In her Tides Players, Zha Jianying paints me in heroic terms as someone who uses everything in his power, “hard data, personal connections, cajoling, name-dropping, bargaining, to make sure the issue of Chinese political prisoners does not go away.” She writes that “If Jianguo has been treated better than some political detainees it is probably because of John’s efforts.”

She is too generous. The reasons why Zha Jianguo was treated better than other political detainees were his courage and his sister’s devotion.

Possessed of a charismatic personality, Zha Jianguo refused to admit guilt, to grovel before authority. He was resolute, and held fast to his belief that, someday, China would be a democracy that respects human rights. He earned the respect of inmates and guards alike. He was neither tortured nor mistreated. For the most part he was left alone with his books.

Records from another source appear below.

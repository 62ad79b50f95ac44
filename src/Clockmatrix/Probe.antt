-- ===== src/Clockmatrix/Probe.antt =====
-- drivers/ptp/ptp_clockmatrix.c: reading the version of a chip, and attaching to it and leaving it.
use Prim.Native.String.{String}
use linux_ptp_driver_package.Prelude.{ℕ, ◌/◌, ◌^◌, bit_and, ◌⊎◌, List, if◌then◌else◌, ◌==◌}
use linux_ptp_driver_package.Bus.{M, ◌>>=◌, ◌>>◌, get, ok, fail, put, pure, throw, ignore}
use linux_ptp_driver_package.Bus.Regmap.{Regmap}
use linux_ptp_driver_package.Clockmatrix.State.{
  Idtcm, read_u8, request, cancel_extts, clock_unregister, idtcm_read,
}
use linux_ptp_driver_package.Clockmatrix.Kernel.{Kernel}
use linux_ptp_driver_package.Clockmatrix.Version.{Scan, idtcm_fw_version}
use linux_ptp_driver_package.Prelude.Int.{ℤ, eqb_ℤ}
use linux_ptp_driver_package.Clockmatrix.Registers.{general_status, maj_rel, min_rel, hotfix_rel}
use linux_ptp_driver_package.Clockmatrix.Boot.{wait_for_chip_ready}
use linux_ptp_driver_package.Clockmatrix.Firmware.{Fwrc}
use linux_ptp_driver_package.Clockmatrix.Setup.{
  set_default_masks, idtcm_enable_extts_channel, idtcm_load_firmware, idtcm_enable_channel,
}
use linux_ptp_driver_package.Bus.Errno.{enodev, enoent, eprobe_defer}

abbrev pub product_id : ℕ
product_id = 0x001e

abbrev pub otp_scsr_config_select : ℕ
otp_scsr_config_select = 0x0022

abbrev pub hw_revision : ℕ
hw_revision = 0x20108180

abbrev pub rev_id : ℕ
rev_id = 0x007a

module _ {Dev : Type 0} where
  -- One round of `ptp_clock_unregister_all`.
  unfoldable pub unregister_one : ℕ → M (Idtcm Dev) (Unit {0})
  unregister_one i = do
    s ← get
    if (s.channel i).ptp_clock then request (clock_unregister i) else pure tt

  unfoldable pub ptp_clock_unregister_all : M (Idtcm Dev) (Unit {0})
  ptp_clock_unregister_all = do
    unregister_one 0
    unregister_one 1
    unregister_one 2
    unregister_one 3

  unfoldable pub idtcm_remove : M (Idtcm Dev) (Unit {0})
  idtcm_remove = do
    s ← get
    put (record s { extts_mask = 0 })
    ptp_clock_unregister_all
    request cancel_extts

module _ {Dev : Type 0} (regmap : Regmap Dev) (kernel : Kernel Dev) where
  -- A byte that is read, or what the variable holds where the read fails.
  abbrev pub read_or_keep : ℕ → ℕ → ℕ → M (Idtcm Dev) ℕ
  read_or_keep base reg val s = elim (read_u8 regmap base reg s) [
    | ok v t ↦ ok v t
    | fail e t ↦ ok val t
  ]

  -- The variable is set to 0 first.
  unfoldable pub idtcm_read_major_release : M (Idtcm Dev) ℕ
  idtcm_read_major_release = do buf ← read_or_keep general_status maj_rel 0; pure (buf / 2)

  -- The version is printed and scanned again. `stale` is what the variables for the minor and the
  -- hotfix number hold. What else is read is only logged.
  unfoldable pub idtcm_set_version_info :
      Scan → (ℕ → ℕ → ℕ → String) → ℕ × ℕ → M (Idtcm Dev) (Unit {0})
  idtcm_set_version_info sscanf snprintf stale = do
    major ← idtcm_read_major_release
    minor ← read_or_keep general_status min_rel stale.0
    hotfix ← read_or_keep general_status hotfix_rel stale.1
    ignore (idtcm_read regmap general_status product_id 2)
    ignore (read_u8 regmap hw_revision rev_id)
    ignore (read_u8 regmap general_status otp_scsr_config_select)
    s ← get
    put (record s { fw_ver = idtcm_fw_version sscanf (snprintf major minor hotfix) })

  -- One round of the loop of `idtcm_probe`.
  unfoldable pub set_up_channel : (ℕ → ℤ) → ℕ → M (Idtcm Dev) (Unit {0})
  set_up_channel register i = do
    s ← get
    if bit_and s.tod_mask (2 ^ i) == 0
        then idtcm_enable_extts_channel regmap kernel i
        else idtcm_enable_channel regmap kernel register i

  unfoldable pub set_up_channels : (ℕ → ℤ) → M (Idtcm Dev) (Unit {0})
  set_up_channels register = do
    s ← get
    if s.tod_mask == 0 then throw enodev else (do
      set_up_channel register 0
      set_up_channel register 1
      set_up_channel register 2
      set_up_channel register 3)

  -- What follows the firmware: a failure unregisters the clocks.
  unfoldable pub bring_up : ℕ → (ℕ → ℤ) → M (Idtcm Dev) (Unit {0})
  bring_up polls register = do
    wait_for_chip_ready regmap polls
    λ s. elim (set_up_channels register s) [
      | ok u t ↦ ok u t
      | fail e t ↦ (do ptp_clock_unregister_all; throw e) t
    ]

  -- The state is the zeroed one. Where there is no image the attempt is put off, with nothing undone;
  -- any other failure of the firmware is only logged.
  unfoldable pub idtcm_probe :
      Scan → (ℕ → ℕ → ℕ → String) → ℕ × ℕ → ℕ → (ℕ → ℤ) → ℤ ⊎ List Fwrc → M (Idtcm Dev) (Unit {0})
  idtcm_probe sscanf snprintf stale polls register image = do
    zeroed ← get
    put (set_default_masks (record zeroed { calculate_overhead_flag = 0 }))
    idtcm_set_version_info sscanf snprintf stale
    λ s. elim (idtcm_load_firmware regmap kernel image s) [
      | ok u t ↦ bring_up polls register t
      | fail e t ↦ if eqb_ℤ e enoent then fail eprobe_defer t else bring_up polls register t
    ]
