-- ===== src/Clockmatrix/PullIn/Halving.antt =====
-- The software pull-in: its frequency stays in the range that the loop asks for.
use native.Mathlib.Nat.{pow-suc, mod-add-div, add-mul-mod_self_left, div-div-eq-div-mul, zero-div}
use linux_ptp_driver_package.Clockmatrix.PullIn.{
  halve, phase_pull_in_scaled_ppm, limit_ffo, msec_per_sec, max_pull_in_scaled_ppm,
  phase_pull_in_max_ppb,
}
use linux_ptp_driver_package.Prelude.Int.{ℤ, pos, negsuc, quot, abs, ◌+ℤ◌, ◌*ℤ◌, neg, clamp}
use linux_ptp_driver_package.Prelude.{
  ◌+◌, ◌*◌, ◌/◌, ◌%◌, ◌^◌, ◌≤◌, ◌<◌, ℕ, zero, suc, ◌≡◌, refl, inl, inr, arith, Bool-cases, ltb, ◌∙◌,
  ap, subst,
}
use linux_ptp_driver_package.Prelude.Bits.{times_pow}

pub abs-quot : (z : ℤ) (d : ℕ) → abs (quot z d) ≡ abs z / d
unfolding quot
abs-quot (pos n) d = refl
abs-quot (negsuc n) d = ground arith

quot-neg : (m k : ℕ) → quot (neg (pos m)) (2 ^ k) ≡ neg (pos (m / 2 ^ k))
unfolding quot
quot-neg zero k = rw (zero-div (2 ^ k)) refl
quot-neg (suc m) k = refl

halve_again : (n k : ℕ) → n / 2 / 2 ^ k ≡ n / 2 ^ suc k
halve_again n k = grind (arith, div-div-eq-div-mul n 2 (2 ^ k), pow-suc 2 k)

-- Halving once more.
quot-halve : (z : ℤ) (k : ℕ) → quot (quot z 2) (2 ^ k) ≡ quot z (2 ^ suc k)
unfolding quot
quot-halve (pos n) k = ap pos (halve_again n k)
quot-halve (negsuc n) k = quot-neg (suc n / 2) k ∙ ap (λ m. neg (pos m)) (halve_again (suc n) k)

quot-one : (z : ℤ) → z ≡ quot z 1
unfolding quot
quot-one (pos n) = ground arith
quot-one (negsuc n) = ground arith

-- Halving `rounds` times at most: every round halves the pull-in, rounded towards zero, and doubles
-- the duration, and the rounds end once the pull-in is within the limit.
record Halved (max_ffo_ppb duration_ms : ℕ) (ppb : ℤ) (end_ms : ℕ) (end_ppb : ℤ) : Type 0 where
  pub rounds : ℕ
  pub in_limit : abs end_ppb ≤ max_ffo_ppb
  pub halved : end_ppb ≡ quot ppb (2 ^ rounds)
  pub doubled : end_ms ≡ duration_ms * 2 ^ rounds % 2 ^ 32
  pub needed : (k : ℕ) → k < rounds → max_ffo_ppb < abs ppb / 2 ^ k

mod_times : (x y m : ℕ) → x % m * y % m ≡ x * y % m
mod_times x y m =
    grind (arith, mod-add-div x m, mul-add x y m, add-mul-mod_self_left (x % m * y) m (x / m * y))
  where
    mul-add : (x y m : ℕ) → (x % m + m * (x / m)) * y ≡ x % m * y + m * (x / m * y)
    mul-add x y m = grind arith

doubled_again : (d k : ℕ) → d * 2 % 2 ^ 32 * 2 ^ k % 2 ^ 32 ≡ d * 2 ^ suc k % 2 ^ 32
doubled_again d k = mod_times (d * 2) (2 ^ k) (2 ^ 32) ∙ ap (λ t. t % 2 ^ 32) (reassoc d k)
  where
    reassoc : (d k : ℕ) → d * 2 * 2 ^ k ≡ d * 2 ^ suc k
    reassoc d k = omega (arith, times_pow d k)

halve_rest : (z : ℤ) (k : ℕ) → abs (quot z 2) / 2 ^ k ≡ abs z / 2 ^ suc k
halve_rest z k = grind (arith, abs-quot z 2, div-div-eq-div-mul (abs z) 2 (2 ^ k), pow-suc 2 k)

smaller : (n m : ℕ) (z : ℤ) → abs z < 2 ^ suc n * (m + 1) → abs (quot z 2) < 2 ^ n * (m + 1)
smaller n m z h = grind (arith, abs-quot z 2, times_pow (m + 1) n)

halve-Halved :
    (n max_ffo_ppb duration_ms : ℕ) (ppb : ℤ)
    → abs ppb < 2 ^ n * (max_ffo_ppb + 1)
    → duration_ms < 2 ^ 32
    → Halved max_ffo_ppb duration_ms ppb
        (halve n max_ffo_ppb duration_ms ppb).0
        (halve n max_ffo_ppb duration_ms ppb).1
unfolding halve
halve-Halved zero max_ffo_ppb duration_ms ppb h d = record {
  rounds = 0;
  in_limit = omega arith;
  halved = quot-one ppb;
  doubled = omega arith;
  needed = λ k lt. absurd (omega arith);
}
halve-Halved (suc n) max_ffo_ppb duration_ms ppb h d =
    elim (Bool-cases (ltb max_ffo_ppb (abs ppb))) [
      | inl e ↦ rw e (
          step (ground arith) (
            halve-Halved n max_ffo_ppb (duration_ms * 2 % 2 ^ 32) (quot ppb 2)
              (smaller n max_ffo_ppb ppb h) (omega arith)))
      | inr e ↦ rw e (record {
        rounds = 0;
        in_limit = ground arith;
        halved = quot-one ppb;
        doubled = omega arith;
        needed = λ k lt. absurd (omega arith);
      })
    ]
  where
    needed :
        {rounds : ℕ}
        → max_ffo_ppb < abs ppb
        → ((k : ℕ) → k < rounds → max_ffo_ppb < abs (quot ppb 2) / 2 ^ k)
        → (k : ℕ) → k < suc rounds
        → max_ffo_ppb < abs ppb / 2 ^ k
    needed over later zero lt = ground arith
    needed over later (suc k) lt =
        subst (λ t. max_ffo_ppb < t) (halve_rest ppb k) (later k (omega arith))

    step :
        {end_ms : ℕ} {end_ppb : ℤ}
        → max_ffo_ppb < abs ppb
        → Halved max_ffo_ppb (duration_ms * 2 % 2 ^ 32) (quot ppb 2) end_ms end_ppb
        → Halved max_ffo_ppb duration_ms ppb end_ms end_ppb
    step over r = record {
      rounds = suc r.rounds;
      in_limit = r.in_limit;
      halved = r.halved ∙ quot-halve ppb r.rounds;
      doubled = r.doubled ∙ doubled_again duration_ms r.rounds;
      needed = needed over r.needed;
    }

-- For every 32-bit correction, and whatever limit the channel has, the loop of the software pull-in
-- ends within its 32 rounds, as soon as the pull-in frequency is within the limit: the correction
-- is halved once a round, its sign kept, rounded towards zero, while the duration doubles from one second, taken
-- modulo 2 ^ 32.
pub halve_lem :
    (max_ffo_ppb : ℕ) (delta_ns : ℤ)
    → abs delta_ns ≤ 2 ^ 31
    → let limit = limit_ffo max_ffo_ppb in
      let pull = halve 32 limit msec_per_sec delta_ns in
      (rounds : ℕ) × (abs pull.1 ≤ limit)
      × (pull.1 ≡ quot delta_ns (2 ^ rounds))
      × (pull.0 ≡ 1000 * 2 ^ rounds % 2 ^ 32)
      × ((k : ℕ) → k < rounds → limit < abs delta_ns / 2 ^ k)
halve_lem max_ffo_ppb delta_ns h =
    let r = halve-Halved 32 (limit_ffo max_ffo_ppb) 1000 delta_ns (omega arith) (omega arith) in
    (r.rounds, r.in_limit, r.halved, r.doubled, r.needed)

-- Where the present frequency is at most 2 ^ 30 and the pull-in at most 144000 ppb in either direction,
-- the frequency that is asked for is their sum, cut at 144000 ppb in either direction, with no
-- overflow on the way.
pub phase_pull_in_scaled_ppm_lem :
    (current_ppm ppb : ℤ)
    → abs current_ppm ≤ 2 ^ 30
    → abs ppb ≤ phase_pull_in_max_ppb
    → phase_pull_in_scaled_ppm current_ppm ppb
      ≡ clamp max_pull_in_scaled_ppm (current_ppm +ℤ quot (ppb *ℤ pos (2 ^ 13)) 125)
unfolding phase_pull_in_scaled_ppm ◌*ℤ◌ ◌+ℤ◌ quot
phase_pull_in_scaled_ppm_lem current_ppm ppb h k = ground arith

On her monthly visits, Zha Jianying brought him news of home, money to buy extra food, snacks and sweets from the commissary, warm clothes, and, perhaps most important, books. She brought him hundreds of books during the time he was in prison, enough to stock a small library. She mostly visited her brother on her own, but on one occasion she brought along a grandchild he’d never seen. He watched her crawl around the reception room through the thick plexiglass barrier through which Jianying spoke with him by phone.

Abraham Lincoln once said that the power of hope on human exertion, and on happiness, is wonderful. Zha Jianying gave her brother hope, and strengthened his will to carry on. As for me, I was but an instrument of her devotion.